Count every line of the data that includes "then". State only the number.

Items from a dataset
*** Begin section ***

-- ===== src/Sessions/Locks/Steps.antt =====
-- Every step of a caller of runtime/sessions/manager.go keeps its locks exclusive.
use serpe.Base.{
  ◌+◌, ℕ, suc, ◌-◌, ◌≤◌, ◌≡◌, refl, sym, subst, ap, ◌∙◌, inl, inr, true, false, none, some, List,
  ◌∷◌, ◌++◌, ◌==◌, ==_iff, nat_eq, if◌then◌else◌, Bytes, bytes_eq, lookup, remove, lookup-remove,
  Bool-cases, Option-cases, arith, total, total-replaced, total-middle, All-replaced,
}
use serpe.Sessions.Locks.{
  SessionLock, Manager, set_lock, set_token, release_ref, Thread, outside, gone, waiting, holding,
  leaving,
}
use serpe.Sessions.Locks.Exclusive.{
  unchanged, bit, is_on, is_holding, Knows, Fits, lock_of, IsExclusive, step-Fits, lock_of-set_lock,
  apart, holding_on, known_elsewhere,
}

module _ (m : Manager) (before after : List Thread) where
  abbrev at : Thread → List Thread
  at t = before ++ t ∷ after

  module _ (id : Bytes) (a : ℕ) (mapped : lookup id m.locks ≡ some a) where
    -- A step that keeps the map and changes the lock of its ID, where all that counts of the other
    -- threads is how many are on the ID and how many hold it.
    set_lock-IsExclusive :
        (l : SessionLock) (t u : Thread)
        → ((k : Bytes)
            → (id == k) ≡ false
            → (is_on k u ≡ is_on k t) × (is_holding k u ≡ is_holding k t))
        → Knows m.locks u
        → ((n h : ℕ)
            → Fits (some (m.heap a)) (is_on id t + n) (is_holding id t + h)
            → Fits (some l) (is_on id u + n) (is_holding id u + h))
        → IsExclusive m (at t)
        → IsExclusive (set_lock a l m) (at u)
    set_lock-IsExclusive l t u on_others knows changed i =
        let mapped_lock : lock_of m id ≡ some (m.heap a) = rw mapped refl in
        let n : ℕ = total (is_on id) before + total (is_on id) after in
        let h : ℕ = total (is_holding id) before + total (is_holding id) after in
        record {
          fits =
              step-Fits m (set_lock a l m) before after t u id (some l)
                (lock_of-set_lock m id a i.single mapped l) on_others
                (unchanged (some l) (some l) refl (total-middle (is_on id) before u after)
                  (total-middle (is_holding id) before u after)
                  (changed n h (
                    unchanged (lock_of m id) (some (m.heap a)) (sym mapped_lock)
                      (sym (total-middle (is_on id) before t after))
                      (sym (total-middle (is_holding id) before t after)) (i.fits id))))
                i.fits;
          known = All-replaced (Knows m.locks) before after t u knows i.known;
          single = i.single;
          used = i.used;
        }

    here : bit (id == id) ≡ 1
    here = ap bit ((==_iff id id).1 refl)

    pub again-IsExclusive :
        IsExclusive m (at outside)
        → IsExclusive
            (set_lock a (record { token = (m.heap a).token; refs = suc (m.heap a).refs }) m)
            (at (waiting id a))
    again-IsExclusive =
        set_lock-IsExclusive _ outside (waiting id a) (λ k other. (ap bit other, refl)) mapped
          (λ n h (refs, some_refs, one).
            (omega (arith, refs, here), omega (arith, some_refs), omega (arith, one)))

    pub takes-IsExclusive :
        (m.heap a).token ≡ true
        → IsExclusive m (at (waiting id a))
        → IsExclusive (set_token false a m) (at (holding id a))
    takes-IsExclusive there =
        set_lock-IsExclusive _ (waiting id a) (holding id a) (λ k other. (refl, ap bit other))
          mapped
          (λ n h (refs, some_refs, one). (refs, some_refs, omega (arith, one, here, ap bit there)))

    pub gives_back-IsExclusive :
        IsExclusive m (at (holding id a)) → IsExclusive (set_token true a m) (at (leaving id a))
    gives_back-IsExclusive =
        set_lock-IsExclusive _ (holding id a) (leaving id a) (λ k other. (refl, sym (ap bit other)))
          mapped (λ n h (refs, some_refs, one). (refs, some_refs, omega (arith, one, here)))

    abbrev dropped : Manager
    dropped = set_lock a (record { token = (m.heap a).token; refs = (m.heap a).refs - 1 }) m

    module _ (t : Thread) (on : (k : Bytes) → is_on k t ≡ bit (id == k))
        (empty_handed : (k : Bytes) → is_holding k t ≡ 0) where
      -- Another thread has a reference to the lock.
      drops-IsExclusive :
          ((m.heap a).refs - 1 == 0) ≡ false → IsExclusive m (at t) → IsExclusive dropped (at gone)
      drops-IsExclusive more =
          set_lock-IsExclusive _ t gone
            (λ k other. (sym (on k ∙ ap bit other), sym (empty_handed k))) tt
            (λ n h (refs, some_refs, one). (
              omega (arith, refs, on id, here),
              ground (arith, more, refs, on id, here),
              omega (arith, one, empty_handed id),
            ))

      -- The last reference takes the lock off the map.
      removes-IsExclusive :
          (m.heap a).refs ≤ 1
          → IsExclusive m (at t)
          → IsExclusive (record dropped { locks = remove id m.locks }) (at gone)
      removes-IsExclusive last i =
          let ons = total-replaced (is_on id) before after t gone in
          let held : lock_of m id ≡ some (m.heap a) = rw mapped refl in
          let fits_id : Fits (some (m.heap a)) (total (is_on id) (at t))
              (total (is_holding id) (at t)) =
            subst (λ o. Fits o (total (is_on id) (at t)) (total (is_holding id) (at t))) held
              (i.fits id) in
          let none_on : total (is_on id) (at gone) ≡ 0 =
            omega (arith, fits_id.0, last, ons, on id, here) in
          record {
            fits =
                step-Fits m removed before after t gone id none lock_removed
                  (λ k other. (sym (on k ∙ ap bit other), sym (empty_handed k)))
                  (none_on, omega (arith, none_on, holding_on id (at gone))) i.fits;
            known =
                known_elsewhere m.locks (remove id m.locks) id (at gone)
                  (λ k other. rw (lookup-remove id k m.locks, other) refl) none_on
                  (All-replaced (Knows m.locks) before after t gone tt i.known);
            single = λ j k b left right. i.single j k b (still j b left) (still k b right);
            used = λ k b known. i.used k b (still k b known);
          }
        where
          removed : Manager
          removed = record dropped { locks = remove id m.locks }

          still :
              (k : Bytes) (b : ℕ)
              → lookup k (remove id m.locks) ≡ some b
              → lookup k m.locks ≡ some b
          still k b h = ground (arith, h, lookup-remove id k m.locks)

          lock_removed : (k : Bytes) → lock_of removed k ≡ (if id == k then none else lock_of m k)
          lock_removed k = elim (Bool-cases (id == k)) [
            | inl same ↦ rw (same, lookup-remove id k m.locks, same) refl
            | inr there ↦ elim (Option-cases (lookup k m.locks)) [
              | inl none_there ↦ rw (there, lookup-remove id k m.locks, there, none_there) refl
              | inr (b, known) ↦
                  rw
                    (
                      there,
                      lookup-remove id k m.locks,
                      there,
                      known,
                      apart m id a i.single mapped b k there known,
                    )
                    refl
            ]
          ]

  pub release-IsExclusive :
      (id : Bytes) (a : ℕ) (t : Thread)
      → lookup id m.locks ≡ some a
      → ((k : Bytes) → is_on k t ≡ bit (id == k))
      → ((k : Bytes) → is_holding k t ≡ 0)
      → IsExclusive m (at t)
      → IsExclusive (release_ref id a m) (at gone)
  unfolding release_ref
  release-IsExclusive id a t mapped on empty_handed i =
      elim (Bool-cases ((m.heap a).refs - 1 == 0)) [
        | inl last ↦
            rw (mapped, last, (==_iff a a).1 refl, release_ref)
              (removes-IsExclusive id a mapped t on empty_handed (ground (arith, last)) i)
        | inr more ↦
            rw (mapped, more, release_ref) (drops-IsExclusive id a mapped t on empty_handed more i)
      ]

*** End section ***

▶ Task result: 2